世間は夏休みですね。その前後には今年も高校生のクラス劇指導に行きます。今年は3校。2年生だったり3年生だったり、学校によって違いはありますが、何というか、基本的に無茶苦茶なスケジュールだと思います。台本を決めるのが7月後半、すぐに夏休みに入ってクラスはバラバラになって、8月の終わりから2学期が始まった…かと思った途端、本番は9月中旬。作品をつくる期間は約2ヶ月。しかし、実質の稽古日数は2週間に満たないでしょう。「演劇をやりたい」というメンバーが集まっている劇団や演劇部でも、こんな短い期間で作品をつくることはないのに、「あんまりやりたくない」「恥ずかしい」「分からない」「しんどい」というメンバーも含んだ“クラス劇”で、彼らに「共働の達成感」を味わってもらえるにはあまりにも時間が足りない。もし、学校関係者の方が読んでおられたら、ぜひクラス劇の始動を早めて(ないしは文化祭の時期をずらして)戴くことを提案いたします。
ちなみに、先日上演された『父と暮せば』は1年前から稽古されていました。キャリアのある2人の俳優、しかも再演。作品に賭ける情熱と労力に、満員の観客席が応えたと感じました。
翻って私は今、2つの“市民劇(アマチュア中心でつくる演劇)”に関わっています。
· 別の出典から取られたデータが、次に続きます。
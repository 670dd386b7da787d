-- ===== src/Tests/Values.antt =====
-- Concrete data for the tests: prices are in paise, and every other service answers a constant.
use icici_breeze_api_trading.Prelude.{
  ℕ, zero, suc, ◌/◌, ◌*◌, Bool, true, false, Option, none, some, [], ◌∷◌,
}
use icici_breeze_api_trading.Prelude.Int.{
  ℤ, pos, negsuc, ◌+ℤ◌, ◌-ℤ◌, ◌*ℤ◌, ltb_ℤ, leb_ℤ, eq_ℤ, pos_part,
}
use icici_breeze_api_trading.Prelude.Float.{Float}
use icici_breeze_api_trading.Prelude.Result.{Result, ok}
use icici_breeze_api_trading.Contracts.{
  Text, OrderIntent, RiskDecision, BrokerUpdate, TradingMode, OrderSide, manual, buy, sell, limit,
  options, day, paper, live, normal, all_checks_passed, placed, filled_word,
}
use icici_breeze_api_trading.LiveGate.{LiveGate}
use icici_breeze_api_trading.Oms.Repository.{Stamp}
use icici_breeze_api_trading.Oms.Service.{Oms}
use icici_breeze_api_trading.Risk.Inputs.{RiskConfig, Services, OptionIdentity}
use icici_breeze_api_trading.Risk.Service.{Risk, Setup, DecisionStamp}
use icici_breeze_api_trading.Execution.Requests.{BrokerResponse, ExecutionConfig}
use icici_breeze_api_trading.Execution.Reconcile.{Evidence}
use icici_breeze_api_trading.Execution.Service.{Run}

abbrev hundredth : ℤ → ℤ
hundredth (pos n) = pos (n / 100)
hundredth (negsuc n) = negsuc (n / 100)

abbrev absolute : ℤ → ℤ
absolute (pos n) = pos n
absolute (negsuc n) = pos 0 -ℤ negsuc n

-- m / 10 ^ d in hundredths, for the one or two digits after the point that the code writes.
abbrev hundredths : ℕ → ℕ → ℕ
hundredths m zero = m * 100
hundredths m (suc zero) = m * 10
hundredths m _ = m

instance abbrev pub paise : Float ℤ
paise = record {
  lt = ltb_ℤ;
  le = leb_ℤ;
  eq = eq_ℤ;
  add = ◌+ℤ◌;
  sub = ◌-ℤ◌;
  mul = λ a b. hundredth (a *ℤ b);
  div = λ a b. pos (pos_part a * 100 / pos_part b);
  abs = absolute;
  round = λ a _. a;
  of_int = λ n. n *ℤ pos 100;
  floor = hundredth;
  literal = λ m d. pos (hundredths m d);
}

abbrev pub intent_of : Text → OrderSide → TradingMode → Bool → OrderIntent ℤ
intent_of id side mode reduce_only = record {
  intent_id = id;
  correlation_id = 21;
  strategy_instance_id = none;
  source = manual;
  instrument_id = 31;
  symbol = 32;
  side = side;
  order_type = limit;
  quantity = pos 50;
  price = pos 10000;
  trigger_price = none;
  product = options;
  time_in_force = day;
  trading_mode = mode;
  reduce_only = reduce_only;
  created_at = 1000;
}

abbrev pub live_buy : OrderIntent ℤ
live_buy = intent_of 1 buy live false

abbrev pub paper_exit : OrderIntent ℤ
paper_exit = intent_of 2 sell paper true

abbrev pub stamp : Text → Stamp
stamp n = record { id = n; now = 2000 }

abbrev pub empty_oms : Oms ℤ
empty_oms = record {
  repo = record { order_intents = []; broker_orders = []; order_events = []; outbox_events = [] };
  bus = [];
}

abbrev pub closed_gate : LiveGate
closed_gate = record {
  configured_enabled = true;
  local_single_user_mode = false;
  authorized = false;
  expires_at = none;
  allowed_accounts = 41 ∷ [];
  pending_challenges = [];
  audit = [];
}

abbrev pub open_gate : LiveGate
open_gate = record closed_gate { authorized = true; expires_at = some (pos 9000000000) }

abbrev pub option_of : Text → Option (OptionIdentity ℤ)
option_of id = some (record { underlying = 51; expiry = 52; strike = pos 2500000; is_call = true })

abbrev pub execution_config : ExecutionConfig ℤ
execution_config = record {
  is_breeze = true;
  live_account_id = 41;
  option_identity = option_of;
  underscored = λ t. t;
}

abbrev pub run_with : LiveGate → Text → Result (BrokerResponse ℤ) → Run ℤ
run_with gate id answer = record {
  session_connected = some true;
  feed_healthy = some true;
  live_gate = gate;
  gate_now = 3000;
  stamp = stamp id;
  answer = answer;
  health_text = 61;
  gate_text = 62;
  identity_text = 63;
  failure_text = 64;
}

abbrev pub accepted : Result (BrokerResponse ℤ)
accepted = ok (record {
  broker_order_id = some 71;
  status = placed;
  filled_quantity = pos 0;
  average_price = pos 0;
  message = none;
})

abbrev pub approval : RiskDecision
approval = record {
  decision_id = 81;
  intent_id = 1;
  approved = true;
  rule_name = all_checks_passed;
  reason = 82;
  system_mode = normal;
  evaluated_at = 2500;
}

abbrev pub full_fill : BrokerUpdate ℤ
full_fill = record {
  client_order_id = 91;
  broker_order_id = some 71;
  status = filled_word;
  filled_quantity = pos 50;
  average_price = pos 9950;
  message = none;
}

abbrev pub risk_config : RiskConfig ℤ
risk_config = record {
  max_order_qty = pos 100;
  live_account_id = 41;
  live_max_order_notional = pos 1000000;
  live_max_open_positions = pos 5;
  option_identity = option_of;
  upper = λ t. t;
}

abbrev pub risk_setup : Setup ℤ
risk_setup = record { config = risk_config; dup_key = λ i. i.instrument_id; reason_of = λ _ _. 95 }

-- The broker reports no position and enough funds; the portfolio holds fifty.
abbrev pub services : Services ℤ
services = record {
  broker_gateway =
      some
        (record { is_breeze = false; positions = some []; available_margin = some (pos 2000000) });
  portfolio = some (λ _. some (pos 50));
  session_connected = some true;
  feed_healthy = some true;
  live_gate = open_gate;
  gate_now = 3000;
}

abbrev pub fresh_risk : Risk ℤ
fresh_risk = record {
  system_mode = normal;
  risk_decisions = [];
  kill_switch_events = [];
  outbox_events = [];
  recent_orders = [];
  bus = [];
}

abbrev pub decision_stamp : DecisionStamp
decision_stamp = record { id = 96; now = 2500 }

-- The broker has no evidence, and the portfolio has executed a constant quantity.
abbrev pub evidence_of : ℤ → Evidence ℤ
evidence_of executed = record {
  executed = λ _. executed;
  get_order_status = λ _. ok none;
  find_order_by_client_id = λ _. ok none;
  get_trades = ok [];
  recovered_text = 65;
  reconciliation_text = 66;
}
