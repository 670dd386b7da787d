-- ===== src/Tests/Gates.antt =====
-- Calls on the LIVE gate, and lives of orders.
use mathlib.Core.List.{Memᴰ}
use icici_breeze_api_trading.Prelude.{◌+◌, ◌≤◌, ◌≡◌, refl, true, List, [], ◌∷◌}
use icici_breeze_api_trading.Prelude.Int.{ℤ, pos, ◌*ℤ◌, ◌+ℤ◌}
use icici_breeze_api_trading.Contracts.{
  OrderState, Text, Time, created, validating, approved, submitting, acknowledged, partially_filled,
  filled, failed_safe,
}
use icici_breeze_api_trading.Oms.StateMachine.{can_transition}
use icici_breeze_api_trading.Oms.Graph.{
  Life, moves, rank, exposed_needs_approval, Life-bounded, failsafe_open,
}
use icici_breeze_api_trading.LiveGate.{
  validate_live_order, confirm_activation, request_activation_challenge, is_allowed,
}
use icici_breeze_api_trading.LiveGate.Window.{Call, Granted, apply, run, live_order_needs_grant}
use icici_breeze_api_trading.LiveGate.TwoStep.{confirm_needs_request}
use icici_breeze_api_trading.Tests.Values.{closed_gate}

abbrev as_it_is : Text → Text
as_it_is t = t

abbrev asked : List Call
asked = Call.request 1000 5 41 (pos 60) 6 7 ∷ []

abbrev activated : List Call
activated = Call.request 1000 5 41 (pos 60) 6 7 ∷ Call.confirm 2000 6 7 5 ∷ []

live_order_needs_grant_example : Granted as_it_is 3000 closed_gate activated
unfolding run validate_live_order apply confirm_activation request_activation_challenge ◌+ℤ◌ ◌*ℤ◌
live_order_needs_grant_example =
    live_order_needs_grant as_it_is 3000 41 activated closed_gate refl refl refl refl

confirm_needs_request_example :
    (t : Time) × (account : Text) × (duration : ℤ) × Memᴰ
      (Call.request t 5 account duration 6 7)
      asked
    × (2000 ≤ t + 300000000)
    × (is_allowed account (run as_it_is asked closed_gate).allowed_accounts ≡ true)
unfolding run apply confirm_activation request_activation_challenge ◌+ℤ◌ ◌*ℤ◌
confirm_needs_request_example =
    confirm_needs_request as_it_is 2000 6 7 5 asked closed_gate refl refl

abbrev states : List OrderState
states =
    validating ∷ approved ∷ submitting ∷ acknowledged ∷ partially_filled ∷ partially_filled ∷ filled
    ∷ []

filled-Life : Life filled created states
unfolding can_transition
filled-Life = Life.step refl (
    Life.step refl (
      Life.step refl (Life.step refl (Life.step refl (Life.step refl (Life.step refl Life.here))))))

-- Its last partial fill.
exposed_needs_approval_example :
    Memᴰ approved (validating ∷ approved ∷ submitting ∷ acknowledged ∷ partially_filled ∷ [])
exposed_needs_approval_example =
    exposed_needs_approval
      (validating ∷ approved ∷ submitting ∷ acknowledged ∷ partially_filled ∷ []) (filled ∷ [])
      partially_filled filled-Life refl

Life-bounded_example : moves states + rank created ≤ 8
Life-bounded_example = Life-bounded states filled-Life

failsafe_open_example : can_transition submitting failed_safe ≡ true
failsafe_open_example = failsafe_open submitting refl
一つは『山科醍醐こどもの創作劇』。これは今年の1月から始めて、6月に発表公演をやった「ワークショップ(WS)」からの継続企画。あらためて集めた小学生から50歳代までの20名超のメンバーと12月の本番に向けて、7月からWSをやっており、9月からは稽古に入っていきます。もう一つは『2009市民ミュージカル京都』。6月の公募に158名の応募があり、オーディション(「一日体験ミュージカル」という名のWS)の結果、102名が残りました。7月からのWS期間では、歌・ダンス・演技を計15回、時代劇WSを1回やります。そして、10月からは配役を決定しての稽古期間が始まります。本番は来年の3月です。